Fadel Muhammad Bacaleg Multikultural dan Multietnis

  • Bagikan
NGOBROL POLITIK. Fadel Muhammad Tauphan Ansar (kiri) saat mengikuti ngobrol politik di Coffeeholic by Sija, Minggu (28/5/2023). FAHRULLAH/RAKYATSULSEL

MAKASSAR, RAKYATSULSEL - Ketua Himpunan Pengusaha Muda Indonesia (HIPMI) Kota Makassar, Fadel Muhammad Tauphan Ansar hampir bisa dipastikan dia satu-satunya bakal calon legislatif (bacaleg) multikultural dan multietnis yang akan bertarung pada pemilihan legislatif (Pileg) 2024.

Dirinya akan bersaing untuk Dewan Perwakilan Rakyat Daerah (DPRD) Provinsi Sulawesi Selatan melalui partai Gerindra daerah pemilihan (Dapil) I Sulsel atau Makassar A.

Fadel Muhammad Tauphan Ansar menceritakan jika dia anak dari pasangan H Tauphan Ansar Nur dan Amelia F Lim. Tauphan merupakan pengusaha bugis ternama asal Makassar, sementara Amelia adalah muallaf berdarah Tiongkok.

"Ibu saya etnis Tiongkok. Setelah bertemu ayah, beliau masuk Islam. Tapi sampai hari ini, hubungan silaturahim dengan keluarga Ibunda selalu terjaga. Kita keluarga besar yang akrab saling membantu, meskipun kita berbeda agama," kata Fadel saat ngobrol dengan Komunitas Wartawan Politik Sulsel di Coffeeholic by Sija Minggu (28/5/2023).

Sebagai pengusaha muda, Fadel mengaku kerap kali menghadiri acara keluarga dari pihak Ibu, dan pihak Ayah. Dia terbiasa berada pada pertemuan antara kultur tradisi Bugis-Makassar dan Tionghoa. Itulah penyebab ia banyak memahami kultur dan pemikiran masyarakat etnis Tionghoa.

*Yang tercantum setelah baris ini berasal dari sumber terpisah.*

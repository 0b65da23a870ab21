-- ===== src/Mfa/Shown.antt =====
-- services/mfa.service.ts: what `setup` shows again, and its steps.
use nest_auth.Prelude.{◌≡◌, refl, ◌∙◌, ap, sym, false, some, Text, ok, text_eq}
use nest_auth.Prelude.Action.{through, reply_inv, throw_if_inv, or_throw_inv, pure_inv}
use nest_auth.BruteForce.{lockout_key}
use nest_auth.Users.{Account}
use nest_auth.Mfa.{
  Server, State, Decrypted, assert_plane_tenant, fetch_user_for_context, decrypt_with_rotation,
}
use nest_auth.Mfa.Reauthenticated.{assert_reauthenticated-keeps}
use nest_auth.Mfa.SetupData.{MfaSetupData, parse_setup_data, parse_plain_recovery_codes}
use nest_auth.Mfa.Enabling.{setup_key}
use nest_auth.Mfa.Setup.{MfaSetupResult, SetupRequest, key_of, show_again, show_or_draw, setup}

module _ (server : Server) where
  open server use {env, node, encryption_key, recovery_code_count, compare}
  open server.env use {redis, hmac, hmac_key, stringify}
  open server.env.redis use {Store, get, set}

  -- What is kept under the key of a setup is what was shown.
  pub record Kept (raw : Text) (shown : MfaSetupResult) : Type 0 where
    pub kept : MfaSetupData
    pub secret : Decrypted
    pub json : Decrypted
    pub parsed : parse_setup_data env raw ≡ some kept
    pub opened : decrypt_with_rotation server kept.encrypted_secret ≡ some secret
    pub opened_codes : decrypt_with_rotation server kept.encrypted_plain_codes ≡ some json
    pub same_secret : shown.secret ≡ secret.secret
    pub same_codes : parse_plain_recovery_codes env json.secret ≡ some shown.recovery_codes

  pub show_again-Kept :
      (user : Account) (raw : Text) (w w' : State server) (shown : MfaSetupResult)
      → show_again server user raw w ≡ (ok shown, w')
      → Kept raw shown × (w' ≡ w)
  unfolding show_again
  show_again-Kept user raw w w' shown h = through h λ kept w1 e1 h1. through h1 λ secret w2 e2 h2.
      through h2 λ json w3 e3 h3. through h3 λ codes w4 e4 h4. through h4 λ uri w5 e5 h5.
        let i1 = or_throw_inv _ _ _ e1 in
        let i2 = or_throw_inv _ _ _ e2 in
        let i3 = or_throw_inv _ _ _ e3 in
        let i4 = or_throw_inv _ _ _ e4 in
        let i5 = or_throw_inv _ _ _ e5 in
        let last = pure_inv _ _ h5 in
        (
          record {
            kept = kept;
            secret = secret;
            json = json;
            parsed = i1.0;
            opened = i2.0;
            opened_codes = i3.0;
            same_secret = ap (λ x. x.secret) last.0;
            same_codes = i4.0 ∙ ap some (sym (ap (λ x. x.recovery_codes) last.0));
          },
          last.1 ∙ i5.1 ∙ i4.1 ∙ i3.1 ∙ i2.1 ∙ i1.1,
        )

  -- What two setups show of the same record is the same.
  pub Kept-unique :
      (raw : Text) (a b : MfaSetupResult)
      → Kept raw a
      → Kept raw b
      → (b.secret ≡ a.secret) × (b.recovery_codes ≡ a.recovery_codes)
  Kept-unique raw a b x y =
      let kept : y.kept ≡ x.kept = cc (x.parsed, y.parsed) in
      let secret : y.secret ≡ x.secret = cc (kept, x.opened, y.opened) in
      let json : y.json ≡ x.json = cc (kept, x.opened_codes, y.opened_codes) in
      (cc (secret, x.same_secret, y.same_secret), cc (json, x.same_codes, y.same_codes))

  setup_key-IsNoCount :
      (r : SetupRequest) (identifier : Text)
      → text_eq (lockout_key identifier) (key_of server r) ≡ false
  unfolding setup_key lockout_key
  setup_key-IsNoCount r identifier = refl

  -- The steps of a setup that goes through.
  pub setup_inv :
      (r : SetupRequest) (w w' : State server) (shown : MfaSetupResult)
      → setup server r w ≡ (ok shown, w')
      → (user : Account) × (v : State server) × (assert_plane_tenant server r.context r.tenant_id
          ≡ ok tt)
        × (fetch_user_for_context server r.context r.user_id r.tenant_id w.users ≡ ok user)
        × (user.safe.mfa_enabled ≡ false)
        × (v.users ≡ w.users)
        × (get v.store (key_of server r) ≡ get w.store (key_of server r))
        × (show_or_draw server r user (get w.store (key_of server r)) v ≡ (ok shown, w'))
  unfolding setup
  setup_inv r w w' shown h = through h λ fits w1 e1 h1. through h1 λ given w2 e2 h2.
      through h2 λ user w3 e3 h3. through h3 λ off w4 e4 h4. through h4 λ known w5 e5 h5.
        through h5 λ existing w6 e6 h6.
          let i1 = reply_inv _ _ e1 in
          let i3 = reply_inv _ _ e3 in
          let i4 = throw_if_inv _ _ _ e4 in
          let before : w2 ≡ w = (throw_if_inv _ _ _ e2).1 ∙ i1.1 in
          let read : w4 ≡ w = i4.1 ∙ i3.1 ∙ before in
          let i6 = reply_inv _ _ e6 in
          let keeps =
            assert_reauthenticated-keeps server (key_of server r) (setup_key-IsNoCount r) compare
              r.context r.user_id user.password_hash r.password r.tenant_id w4 w5 e5 in
          let kept : get w5.store (key_of server r) ≡ get w.store (key_of server r) =
            rw read at keeps.1 in
          let found : existing ≡ get w.store (key_of server r) = cc (i6.0, kept) in
          (
            user,
            w5,
            i1.0,
            rw before at i3.0,
            i4.0,
            rw read at keeps.0,
            kept,
            rw (found, i6.1) at h6,
          )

“Saya paling anti dengan orang yang bersikap toleran terhadap agama lain dan atau terhadap etnis lainnya. Karena saya selama ini berada ditengah-tengah pertemuan kedua budaya ini. Jadi saya paham betul, bahwa toleransi adalah satu-satunya jalan untuk kita bisa bekerjasama dan berkolaborasi untuk saling memajukan kesejahteraan bersama,” ungkapnya.

Sebagai Ketua Himpunan Pengusaha Muda Indonesia (HIPMI) Kota Makassar, Fadel mengakui jika sikap intoleransi dan politik identitas hanya membawa kesengsaraan bagi seluruh masyarakat tanpa terkecuali, terutama terhadap para pelaku usaha mikro, kecil dan menengah (UMKM).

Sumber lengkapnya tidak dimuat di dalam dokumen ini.